Deshalb auch der Ansatz mit PXE-Server. Wir benutzen auch derzeit einen (Bootmanage Administrator von Bootix), meine Aufgabe ist es gerade die Möglichkeiten der Ausweitung zu erkunden.
Das einfachste wäre natürlich, neue Lizenzen für Bootmanage Admin zu kaufen, bei dem aber jede Lizenz 30 € kostet. Und ich denke einfach, das es eine kostenlose oder sehr viel günstigere Alternative gibt.


Lars


----------



## Robert Steichele (24. Juni 2005)

Dann schau dir doch mal die "Corporate Workstation"-Version von Acronis an, die kann auch übers Netzwerk agieren.
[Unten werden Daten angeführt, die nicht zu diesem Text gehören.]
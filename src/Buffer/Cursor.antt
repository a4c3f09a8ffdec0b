-- ===== src/Buffer/Cursor.antt =====
-- Buffers of simple_buffer.cpp split at the cursor.
use drone_server.Buffer.{
  SimpleBuffer, assert_require, empty, next_byte, read_1byte, read_string, remaining, require,
  take_string,
}
use drone_server.Prelude.{
  List, [], append_assoc, arith, drop, drop-append, false, get_elem?, leb, length, length-append,
  length-take, refl, some, take, take-append, take-append-drop, true, ℕ, ◌++◌, ◌∷◌, ◌≡◌, ◌≤◌,
}
use drone_server.Prelude.Bytes.{Bytes}
use drone_server.Prelude.Int.{pos}
use drone_server.Prelude.Outcome.{ok}

-- `before` has been read, `ahead` has not.
unfoldable pub cursor : Bytes → Bytes → SimpleBuffer
cursor before ahead = record { content = before ++ ahead; pos = length before }

get_elem?-append {ℓ} :
    {A : Type ℓ} (xs : List A) (y : A) (ys : List A) → get_elem? (xs ++ y ∷ ys) (length xs) ≡ some y
get_elem?-append [] y ys = refl
get_elem?-append (x ∷ xs) y ys = get_elem?-append xs y ys

pub remaining-cursor : (p xs : Bytes) → remaining (cursor p xs) ≡ length xs
unfolding remaining cursor
remaining-cursor p xs = ground (arith, length-append p xs)

pub require-cursor :
    (n : ℕ) (p xs : Bytes) → require (pos n) (cursor p xs) ≡ ok (leb n (length xs), cursor p xs)
unfolding require
require-cursor n p xs = rw (remaining-cursor p xs)

pub require-cursor_cons :
    (p : Bytes) (x : ℕ) (xs : Bytes)
    → require (pos 1) (cursor p (x ∷ xs)) ≡ ok (true, cursor p (x ∷ xs))
require-cursor_cons p x xs = rw (require-cursor 1 p (x ∷ xs)) (ground arith)

pub empty-cursor_nil : (p : Bytes) → empty (cursor p []) ≡ true
unfolding empty cursor
empty-cursor_nil p = ground (arith, length-append p [])

pub empty-cursor_cons : (p : Bytes) (x : ℕ) (xs : Bytes) → empty (cursor p (x ∷ xs)) ≡ false
unfolding empty cursor
empty-cursor_cons p x xs = ground (arith, length-append p (x ∷ xs))

pub assert_require-cursor :
    (n : ℕ) (p xs : Bytes) → n ≤ length xs → assert_require n (cursor p xs) ≡ ok (tt, cursor p xs)
unfolding assert_require
assert_require-cursor n p xs h = ground (arith, require-cursor n p xs)

pub next_byte-cursor :
    (p : Bytes) (x : ℕ) (xs : Bytes)
    → next_byte (cursor p (x ∷ xs)) ≡ ok (x, cursor (p ++ x ∷ []) xs)
unfolding next_byte cursor
next_byte-cursor p x xs =
    rw (get_elem?-append p x xs, next_byte, append_assoc p (x ∷ []) xs, length-append p (x ∷ []))

pub read_1byte-cursor :
    (p : Bytes) (x : ℕ) (xs : Bytes)
    → read_1byte (cursor p (x ∷ xs)) ≡ ok (x, cursor (p ++ x ∷ []) xs)
unfolding read_1byte
read_1byte-cursor p x xs =
    rw (assert_require-cursor 1 p (x ∷ xs) (omega arith)) (next_byte-cursor p x xs)

pub read_string-cursor :
    (s p xs : Bytes)
    → read_string (pos (length s)) (cursor p (s ++ xs)) ≡ ok (s, cursor (p ++ s) xs)
unfolding read_string take_string cursor
read_string-cursor s p xs =
    rw (assert_require-cursor (length s) p (s ++ xs) (omega (arith, length-append s xs)))
      (rw (drop-append p (s ++ xs), take-append s xs, append_assoc p s xs, length-append p s))

-- Every buffer whose cursor is in range is of this form.
pub cursor-split :
    (b : SimpleBuffer)
    → b.pos ≤ length b.content
    → b ≡ cursor (take b.pos b.content) (drop b.pos b.content)
unfolding cursor
cursor-split b h =
    rw (take-append-drop b.pos b.content) (ground (arith, length-take b.pos b.content))
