-- ===== src/CategoryColumn.antt =====
-- pkg/database/categories.go: a row's categories as the "categories" column holds them, and the
-- condition that finds a row by one of them. SQLite's `instr` is an argument of the condition.
mod RoundTrip
mod Match
mod Tests
use jacklet.Prelude.{
  ℕ, zero, suc, ◌+◌, ◌-◌, ◌*◌, ◌/◌, ◌%◌, ◌^◌, ◌≤◌, ◌<◌, min, max, ◌≡◌, refl, sym, ap, ap₂, ◌∙◌,
  subst, fun_ext, ◌≡⟨◌⟩◌, ◌∎, ◌≢◌, ◌↔◌, ◌⊎◌, inl, inr, Bool, true, false, not, ◌&&◌, ◌||◌, Option,
  none, some, List, [], ◌∷◌, ◌++◌, map, append_assoc, append-nil, arith, ltb, leb, nat_eq,
  if◌then◌else◌, ltb→lt, lt→ltb, leb→le, le→leb, nat_eq_iff, tests, Bool-cases, Option-cases, Eq,
  ◌==◌, ℕ-Eq, beq_refl, beq_eq, beq_ne, ne_beq, length, get_elem?, take, drop, All, Any, select,
  length-append, take_append, drop_append, take-append-drop, length-take, length-drop, All-append,
  All-map, contains, Bytes, codes, bytes_eq, bytes_eq_iff, Bytes-Eq,
}
use jacklet.Prelude.Int.{ℤ, pos, negsuc}
use jacklet.Prelude.Decimal.{
  is_digit, is_all_digits, value_from, value, parse_digits, parse_int, atoi, emit, itoa,
}
use jacklet.Prelude.Options.{both, traverse, traverse-append, traverse-map}
use jacklet.Prelude.Split.{
  extend, split, join, split-nonempty, split-append, split-single, split-join,
}

abbrev pub CategoryList : Type 0
CategoryList = List ℤ

-- Go's Itoa on a signed integer.
unfoldable pub itoa_int : ℤ → Bytes
unfolding itoa
itoa_int (pos n) = itoa n
itoa_int (negsuc n) = b'-' ∷ itoa (n + 1)

unfoldable pub column_value : CategoryList → Bytes
unfolding join itoa_int
column_value ids = join b',' (map itoa_int ids)

-- What a driver hands to `Scan`.
pub data Source : Type 0 where
  text : Bytes → Source
  bytes : Bytes → Source
  unexpected : Source

unfoldable pub scan_text : Bytes → Option CategoryList
unfolding split traverse atoi
scan_text [] = some []
scan_text (b ∷ s) = traverse atoi (split b',' (b ∷ s))

unfoldable pub scan : Source → Option CategoryList
unfolding scan_text
scan (text s) = scan_text s
scan (bytes s) = scan_text s
scan unexpected = none

unfoldable pub category_needle : Bytes → Bytes
category_needle category = b',' ∷ (category ++ b',' ∷ [])

-- `instr(',' || categories || ',', needle) > 0`
unfoldable pub category_match : (Bytes → Bytes → ℕ) → Bytes → Bytes → Bool
category_match instr categories needle = ltb 0 (instr (b',' ∷ (categories ++ b',' ∷ [])) needle)
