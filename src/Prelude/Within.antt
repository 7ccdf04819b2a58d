-- ===== src/Prelude/Within.antt =====
-- Where one text stands in another.
use jacklet.Prelude.{◌≡◌, refl, true, [], ◌∷◌, ◌++◌, arith, ℕ-Eq, Bytes, Bytes-Eq}
use jacklet.Prelude.Ascii.{has_prefix}

-- One text stands somewhere in another.
abbrev pub Within : Bytes → Bytes → Type 0
Within t s = (a : Bytes) × (b : Bytes) × (s ≡ a ++ (t ++ b))

pub prefix_rest : (s t : Bytes) → has_prefix s t ≡ true → (b : Bytes) × (s ≡ t ++ b)
unfolding has_prefix
prefix_rest s [] h = (s, refl)
prefix_rest [] (c ∷ t) h = absurd (ground arith)
prefix_rest (b ∷ s) (c ∷ t) h = let (r, e) = prefix_rest s t (ground arith) in (r, ground arith)

pub rest_prefix : (t b : Bytes) → has_prefix (t ++ b) t ≡ true
unfolding has_prefix
rest_prefix [] b = refl
rest_prefix (c ∷ t) b = ground (arith, rest_prefix t b)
Habe gerade gesehen, dass es jetzt auch Acronis Snap Deploy" gibt. evtl. hilft dir auch das weiter.


----------



## McVader83 (24. Juni 2005)

Dr. Wächter kann auch das was du willst. Du kannst die Festplatte damit partitionieren und die verschiedenen Systeme installieren. Dann kriegst du sobald du den rechner anmachst, die frage, welches System er starten soll und los gehts. Die anderen Partitionen werden vor dem gestarteten System versteckt... u.s.w.
Mein tip: Guck dir echt mal an, was die Karten mittlerweile alles können.
Nur wenn du wirklich 10 verschiedene Systeme haben willst, wird das ganze Problematisch. Bei 3-4 Systemen ist es völlig Stressfrei.


----------